[Stored entries]
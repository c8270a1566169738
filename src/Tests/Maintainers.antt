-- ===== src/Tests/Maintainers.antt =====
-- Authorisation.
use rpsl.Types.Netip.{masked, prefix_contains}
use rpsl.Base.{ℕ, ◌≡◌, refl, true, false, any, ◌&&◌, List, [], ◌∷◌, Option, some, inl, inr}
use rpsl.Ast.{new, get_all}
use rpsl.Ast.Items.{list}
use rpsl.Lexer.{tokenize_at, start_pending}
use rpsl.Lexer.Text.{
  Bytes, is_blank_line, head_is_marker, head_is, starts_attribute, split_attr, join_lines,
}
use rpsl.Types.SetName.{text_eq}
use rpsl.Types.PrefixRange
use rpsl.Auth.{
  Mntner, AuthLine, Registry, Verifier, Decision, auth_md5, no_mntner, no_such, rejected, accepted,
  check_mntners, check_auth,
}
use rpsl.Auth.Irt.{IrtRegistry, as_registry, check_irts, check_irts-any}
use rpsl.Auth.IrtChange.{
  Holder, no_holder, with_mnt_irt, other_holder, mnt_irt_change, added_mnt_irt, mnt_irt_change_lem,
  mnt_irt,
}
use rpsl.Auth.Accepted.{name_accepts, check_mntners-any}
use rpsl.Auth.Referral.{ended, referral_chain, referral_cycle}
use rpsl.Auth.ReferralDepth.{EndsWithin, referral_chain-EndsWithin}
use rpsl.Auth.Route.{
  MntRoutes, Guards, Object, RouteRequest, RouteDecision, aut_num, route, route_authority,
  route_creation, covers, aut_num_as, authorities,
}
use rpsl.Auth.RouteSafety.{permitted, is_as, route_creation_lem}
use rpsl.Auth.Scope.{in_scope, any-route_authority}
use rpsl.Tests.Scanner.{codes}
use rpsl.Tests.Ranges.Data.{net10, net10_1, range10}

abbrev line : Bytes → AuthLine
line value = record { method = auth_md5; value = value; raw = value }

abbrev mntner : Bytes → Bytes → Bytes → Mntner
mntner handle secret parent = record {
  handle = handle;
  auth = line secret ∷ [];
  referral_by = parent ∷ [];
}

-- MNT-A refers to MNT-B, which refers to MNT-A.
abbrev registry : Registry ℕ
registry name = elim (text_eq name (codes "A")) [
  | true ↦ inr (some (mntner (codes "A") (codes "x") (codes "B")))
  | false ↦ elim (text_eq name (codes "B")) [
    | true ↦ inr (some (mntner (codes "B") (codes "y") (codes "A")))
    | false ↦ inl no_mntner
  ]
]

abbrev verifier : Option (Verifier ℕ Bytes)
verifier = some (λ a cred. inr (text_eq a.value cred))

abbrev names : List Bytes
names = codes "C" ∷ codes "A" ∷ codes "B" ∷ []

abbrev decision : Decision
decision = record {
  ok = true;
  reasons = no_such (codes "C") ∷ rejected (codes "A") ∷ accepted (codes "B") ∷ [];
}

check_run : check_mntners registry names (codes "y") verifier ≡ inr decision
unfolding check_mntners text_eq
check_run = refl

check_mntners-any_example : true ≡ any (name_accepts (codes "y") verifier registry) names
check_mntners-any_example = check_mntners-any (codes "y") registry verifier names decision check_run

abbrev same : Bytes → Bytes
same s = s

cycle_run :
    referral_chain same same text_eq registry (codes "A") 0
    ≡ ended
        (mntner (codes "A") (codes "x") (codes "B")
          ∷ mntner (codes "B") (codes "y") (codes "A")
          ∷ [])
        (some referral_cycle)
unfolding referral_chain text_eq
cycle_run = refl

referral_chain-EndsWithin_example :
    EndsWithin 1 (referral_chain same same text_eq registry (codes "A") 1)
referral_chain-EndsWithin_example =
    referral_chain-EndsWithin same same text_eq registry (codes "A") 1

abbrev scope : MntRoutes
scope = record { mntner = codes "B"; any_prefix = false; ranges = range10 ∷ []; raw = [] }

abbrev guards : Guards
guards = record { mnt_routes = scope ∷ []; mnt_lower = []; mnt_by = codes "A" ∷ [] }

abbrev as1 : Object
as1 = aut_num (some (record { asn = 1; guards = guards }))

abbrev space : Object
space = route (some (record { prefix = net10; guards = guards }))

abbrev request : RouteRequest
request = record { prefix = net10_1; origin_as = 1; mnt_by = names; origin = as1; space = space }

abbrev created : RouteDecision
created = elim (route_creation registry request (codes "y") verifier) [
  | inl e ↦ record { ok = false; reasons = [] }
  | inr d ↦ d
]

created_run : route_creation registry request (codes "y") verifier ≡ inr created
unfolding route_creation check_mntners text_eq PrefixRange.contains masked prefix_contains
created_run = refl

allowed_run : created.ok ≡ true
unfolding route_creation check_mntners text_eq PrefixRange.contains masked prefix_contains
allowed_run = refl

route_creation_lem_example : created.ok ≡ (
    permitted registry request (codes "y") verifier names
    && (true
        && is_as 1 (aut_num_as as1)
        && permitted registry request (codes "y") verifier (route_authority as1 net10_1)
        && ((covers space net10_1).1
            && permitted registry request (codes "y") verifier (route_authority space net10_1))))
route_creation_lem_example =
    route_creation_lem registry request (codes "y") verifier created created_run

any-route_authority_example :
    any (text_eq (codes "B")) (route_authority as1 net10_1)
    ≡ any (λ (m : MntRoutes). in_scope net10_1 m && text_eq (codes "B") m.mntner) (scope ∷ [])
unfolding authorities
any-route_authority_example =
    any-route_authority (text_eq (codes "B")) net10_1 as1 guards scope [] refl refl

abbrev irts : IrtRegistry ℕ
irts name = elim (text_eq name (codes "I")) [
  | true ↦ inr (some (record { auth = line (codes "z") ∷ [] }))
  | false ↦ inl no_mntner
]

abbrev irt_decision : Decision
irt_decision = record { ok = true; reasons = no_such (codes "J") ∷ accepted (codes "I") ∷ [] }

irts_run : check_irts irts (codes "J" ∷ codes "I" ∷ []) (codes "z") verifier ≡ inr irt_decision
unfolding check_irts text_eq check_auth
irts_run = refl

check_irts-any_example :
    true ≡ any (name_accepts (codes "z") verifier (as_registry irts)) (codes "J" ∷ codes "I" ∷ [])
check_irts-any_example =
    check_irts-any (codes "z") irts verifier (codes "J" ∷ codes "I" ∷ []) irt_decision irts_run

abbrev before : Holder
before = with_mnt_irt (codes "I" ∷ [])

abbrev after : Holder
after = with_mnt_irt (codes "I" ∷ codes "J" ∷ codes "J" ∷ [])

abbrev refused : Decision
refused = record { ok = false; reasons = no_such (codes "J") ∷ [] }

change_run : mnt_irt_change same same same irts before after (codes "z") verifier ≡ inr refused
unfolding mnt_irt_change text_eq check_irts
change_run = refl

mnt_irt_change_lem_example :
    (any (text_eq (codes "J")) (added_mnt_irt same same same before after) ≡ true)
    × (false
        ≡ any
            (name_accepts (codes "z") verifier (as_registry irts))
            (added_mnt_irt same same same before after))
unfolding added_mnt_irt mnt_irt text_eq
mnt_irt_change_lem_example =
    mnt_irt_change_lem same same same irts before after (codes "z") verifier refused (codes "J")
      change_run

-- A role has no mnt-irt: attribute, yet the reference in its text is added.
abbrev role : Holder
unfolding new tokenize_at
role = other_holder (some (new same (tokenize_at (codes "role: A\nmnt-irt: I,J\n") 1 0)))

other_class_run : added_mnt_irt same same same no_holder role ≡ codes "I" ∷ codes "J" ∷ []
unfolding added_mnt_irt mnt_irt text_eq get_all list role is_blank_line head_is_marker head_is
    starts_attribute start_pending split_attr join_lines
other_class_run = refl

> [WHAT NEEDS TO BE DONE] Go through the records and work out how many lines contain the string "Option". The answer should be that number alone.

> [ANSWER SECTION] 2